(Stored data entries)
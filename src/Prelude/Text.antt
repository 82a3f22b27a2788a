-- ===== src/Prelude/Text.antt =====
-- What the program uses of Go's `strings`, `path/filepath` and `encoding/hex`.
-- `strings.ToLower` is modelled on ASCII letters.
pub mod Hex
use Prim.Native.Nat.{ℕ, zero, suc, ◌/◌, ◌%◌}
use Prim.Native.Char.{Char, code}
use Prim.Native.String.{String, ◌++◌}
use mathlib.Core.Bool.{Bool, true, false, ◌||◌}
use mathlib.Core.Option.{Option, none, some}
use mathlib.Core.List.{List, [], ◌∷◌}
use mathlib.Core.Path.{◌≡◌}
use mathlib.Core.Logic.{◌≢◌}
use native.Mathlib.Omega.{arith}
use text.Mathlib.Text.{◌==◌}
use text.Mathlib.TextEquality.{eq_iff}
use upgrade_controller.Prelude.Tests.{nat_eq, if◌then◌else◌}

-- the first replacement that is listed for the character
abbrev replacement : List (Char × Char) → Char → Char
replacement [] c = c
replacement ((old, new) ∷ rest) c = if nat_eq (code c) (code old) then new else replacement rest c

-- `strings.NewReplacer(…).Replace`, for replacements of one character by one
unfoldable pub replace_chars : List (Char × Char) → String → String
replace_chars table String.[] = ""
replace_chars table (String.◌∷◌ c s) = String.◌∷◌ (replacement table c) (replace_chars table s)

-- `strings.ReplaceAll(s, ".", "-")`
unfoldable pub dots_to_dashes : String → String
unfolding replace_chars
dots_to_dashes = replace_chars ((".", "-") ∷ [])

abbrev ascii_letters : List (Char × Char)
ascii_letters =
    ("A", "a")
    ∷ ("B", "b")
    ∷ ("C", "c")
    ∷ ("D", "d")
    ∷ ("E", "e")
    ∷ ("F", "f")
    ∷ ("G", "g")
    ∷ ("H", "h")
    ∷ ("I", "i")
    ∷ ("J", "j")
    ∷ ("K", "k")
    ∷ ("L", "l")
    ∷ ("M", "m")
    ∷ ("N", "n")
    ∷ ("O", "o")
    ∷ ("P", "p")
    ∷ ("Q", "q")
    ∷ ("R", "r")
    ∷ ("S", "s")
    ∷ ("T", "t")
    ∷ ("U", "u")
    ∷ ("V", "v")
    ∷ ("W", "w")
    ∷ ("X", "x")
    ∷ ("Y", "y")
    ∷ ("Z", "z")
    ∷ []

-- `strings.ToLower`
unfoldable pub to_lower : String → String
unfolding replace_chars
to_lower = replace_chars ascii_letters

-- what is left of a text behind a prefix
unfoldable pub cut_prefix : String → String → Option String
cut_prefix s String.[] = some s
cut_prefix String.[] (String.◌∷◌ d p) = none
cut_prefix (String.◌∷◌ c s) (String.◌∷◌ d p) =
    let rest = cut_prefix s p in if nat_eq (code c) (code d) then rest else none

-- `strings.TrimPrefix`
unfoldable pub trim_prefix : String → String → String
unfolding cut_prefix
trim_prefix s p = elim (cut_prefix s p) [ none ↦ s | some rest ↦ rest ]

abbrev is_some : Option String → Bool
is_some none = false
is_some (some s) = true

-- `strings.Contains`
unfoldable pub contains : String → String → Bool
unfolding cut_prefix
contains String.[] sub = is_some (cut_prefix "" sub)
contains (String.◌∷◌ c s) sub = is_some (cut_prefix (String.◌∷◌ c s) sub) || contains s sub

abbrev push : Char → List String → List String
push c [] = String.◌∷◌ c "" ∷ []
push c (part ∷ parts) = String.◌∷◌ c part ∷ parts

-- the components of a path, empty ones included
split_path : String → List String
split_path String.[] = "" ∷ []
split_path (String.◌∷◌ c s) =
    let rest = split_path s in if nat_eq (code c) b'/' then "" ∷ rest else push c rest

abbrev pop : List String → List String
pop [] = []
pop (part ∷ parts) = parts

-- The components that are left, the last one first.
clean_parts : List String → List String → List String
clean_parts kept [] = kept
clean_parts kept (part ∷ parts) =
    clean_parts
      (if part == "" || part == "." then kept else if part == ".." then pop kept else part ∷ kept)
      parts

rooted : String → List String → String
rooted path [] = path
rooted path (part ∷ kept) = rooted ("/" ++ part ++ path) kept

-- `filepath.Join(a, b)` for a rooted `a`: the two joined by a slash and cleaned
unfoldable pub join_path : String → String → String
unfolding split_path clean_parts rooted
join_path a b = elim (clean_parts [] (split_path (a ++ "/" ++ b))) [
  | [] ↦ "/"
  | part ∷ kept ↦ rooted "" (part ∷ kept)
]

pub hex_digit_of : String → ℕ → String
hex_digit_of String.[] n = ""
hex_digit_of (String.◌∷◌ c s) zero = String.◌∷◌ c ""
hex_digit_of (String.◌∷◌ c s) (suc n) = hex_digit_of s n

unfoldable pub hex_digit : ℕ → String
unfolding hex_digit_of
hex_digit n = hex_digit_of "0123456789abcdef" n

-- `hex.EncodeToString`
unfoldable pub encode_hex : List ℕ → String
unfolding hex_digit
encode_hex [] = ""
encode_hex (b ∷ bytes) = hex_digit (b / 16) ++ hex_digit (b % 16) ++ encode_hex bytes

spaced : List String → String
spaced [] = ""
spaced (s ∷ rest) = " " ++ s ++ spaced rest

-- `%s` of a slice of texts
unfoldable pub show_list : List String → String
unfolding spaced
show_list [] = "[]"
show_list (s ∷ rest) = "[" ++ s ++ spaced rest ++ "]"

pub neq_of_test : (s t : String) → (s == t) ≡ false → s ≢ t
neq_of_test s t h = ground (arith, eq_iff s t)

- **The problem**:
Your task is to retype all the records above with nothing left out.

- **Exercise answer**:
filename src/Prelude/Text.antt
repository 82a3f22b27a2788a
-- ===== src/Prelude/Text.antt =====
-- What the program uses of Go's `strings`, `path/filepath` and `encoding/hex`.
-- `strings.ToLower` is modelled on ASCII letters.
pub mod Hex
use Prim.Native.Nat.{ℕ, zero, suc, ◌/◌, ◌%◌}
use Prim.Native.Char.{Char, code}
use Prim.Native.String.{String, ◌++◌}
use mathlib.Core.Bool.{Bool, true, false, ◌||◌}
use mathlib.Core.Option.{Option, none, some}
use mathlib.Core.List.{List, [], ◌∷◌}
use mathlib.Core.Path.{◌≡◌}
use mathlib.Core.Logic.{◌≢◌}
use native.Mathlib.Omega.{arith}
use text.Mathlib.Text.{◌==◌}
use text.Mathlib.TextEquality.{eq_iff}
use upgrade_controller.Prelude.Tests.{nat_eq, if◌then◌else◌}

-- the first replacement that is listed for the character
abbrev replacement : List (Char × Char) → Char → Char
replacement [] c = c
replacement ((old, new) ∷ rest) c = if nat_eq (code c) (code old) then new else replacement rest c

-- `strings.NewReplacer(…).Replace`, for replacements of one character by one
unfoldable pub replace_chars : List (Char × Char) → String → String
replace_chars table String.[] = ""
replace_chars table (String.◌∷◌ c s) = String.◌∷◌ (replacement table c) (replace_chars table s)

-- `strings.ReplaceAll(s, ".", "-")`
unfoldable pub dots_to_dashes : String → String
unfolding replace_chars
dots_to_dashes = replace_chars ((".", "-") ∷ [])

abbrev ascii_letters : List (Char × Char)
ascii_letters =
    ("A", "a")
    ∷ ("B", "b")
    ∷ ("C", "c")
    ∷ ("D", "d")
    ∷ ("E", "e")
    ∷ ("F", "f")
    ∷ ("G", "g")
    ∷ ("H", "h")
    ∷ ("I", "i")
    ∷ ("J", "j")
    ∷ ("K", "k")
    ∷ ("L", "l")
    ∷ ("M", "m")
    ∷ ("N", "n")
    ∷ ("O", "o")
    ∷ ("P", "p")
    ∷ ("Q", "q")
    ∷ ("R", "r")
    ∷ ("S", "s")
    ∷ ("T", "t")
    ∷ ("U", "u")
    ∷ ("V", "v")
    ∷ ("W", "w")
    ∷ ("X", "x")
    ∷ ("Y", "y")
    ∷ ("Z", "z")
    ∷ []

-- `strings.ToLower`
unfoldable pub to_lower : String → String
unfolding replace_chars
to_lower = replace_chars ascii_letters

-- what is left of a text behind a prefix
unfoldable pub cut_prefix : String → String → Option String
cut_prefix s String.[] = some s
cut_prefix String.[] (String.◌∷◌ d p) = none
cut_prefix (String.◌∷◌ c s) (String.◌∷◌ d p) =
    let rest = cut_prefix s p in if nat_eq (code c) (code d) then rest else none

-- `strings.TrimPrefix`
unfoldable pub trim_prefix : String → String → String
unfolding cut_prefix
trim_prefix s p = elim (cut_prefix s p) [ none ↦ s | some rest ↦ rest ]

abbrev is_some : Option String → Bool
is_some none = false
is_some (some s) = true

-- `strings.Contains`
unfoldable pub contains : String → String → Bool
unfolding cut_prefix
contains String.[] sub = is_some (cut_prefix "" sub)
contains (String.◌∷◌ c s) sub = is_some (cut_prefix (String.◌∷◌ c s) sub) || contains s sub

abbrev push : Char → List String → List String
push c [] = String.◌∷◌ c "" ∷ []
push c (part ∷ parts) = String.◌∷◌ c part ∷ parts

-- the components of a path, empty ones included
split_path : String → List String
split_path String.[] = "" ∷ []
split_path (String.◌∷◌ c s) =
    let rest = split_path s in if nat_eq (code c) b'/' then "" ∷ rest else push c rest

abbrev pop : List String → List String
pop [] = []
pop (part ∷ parts) = parts

-- The components that are left, the last one first.
clean_parts : List String → List String → List String
clean_parts kept [] = kept
clean_parts kept (part ∷ parts) =
    clean_parts
      (if part == "" || part == "." then kept else if part == ".." then pop kept else part ∷ kept)
      parts

rooted : String → List String → String
rooted path [] = path
rooted path (part ∷ kept) = rooted ("/" ++ part ++ path) kept

-- `filepath.Join(a, b)` for a rooted `a`: the two joined by a slash and cleaned
unfoldable pub join_path : String → String → String
unfolding split_path clean_parts rooted
join_path a b = elim (clean_parts [] (split_path (a ++ "/" ++ b))) [
  | [] ↦ "/"
  | part ∷ kept ↦ rooted "" (part ∷ kept)
]

pub hex_digit_of : String → ℕ → String
hex_digit_of String.[] n = ""
hex_digit_of (String.◌∷◌ c s) zero = String.◌∷◌ c ""
hex_digit_of (String.◌∷◌ c s) (suc n) = hex_digit_of s n

unfoldable pub hex_digit : ℕ → String
unfolding hex_digit_of
hex_digit n = hex_digit_of "0123456789abcdef" n

-- `hex.EncodeToString`
unfoldable pub encode_hex : List ℕ → String
unfolding hex_digit
encode_hex [] = ""
encode_hex (b ∷ bytes) = hex_digit (b / 16) ++ hex_digit (b % 16) ++ encode_hex bytes

spaced : List String → String
spaced [] = ""
spaced (s ∷ rest) = " " ++ s ++ spaced rest

-- `%s` of a slice of texts
unfoldable pub show_list : List String → String
unfolding spaced
show_list [] = "[]"
show_list (s ∷ rest) = "[" ++ s ++ spaced rest ++ "]"

pub neq_of_test : (s t : String) → (s == t) ≡ false → s ≢ t
neq_of_test s t h = ground (arith, eq_iff s t)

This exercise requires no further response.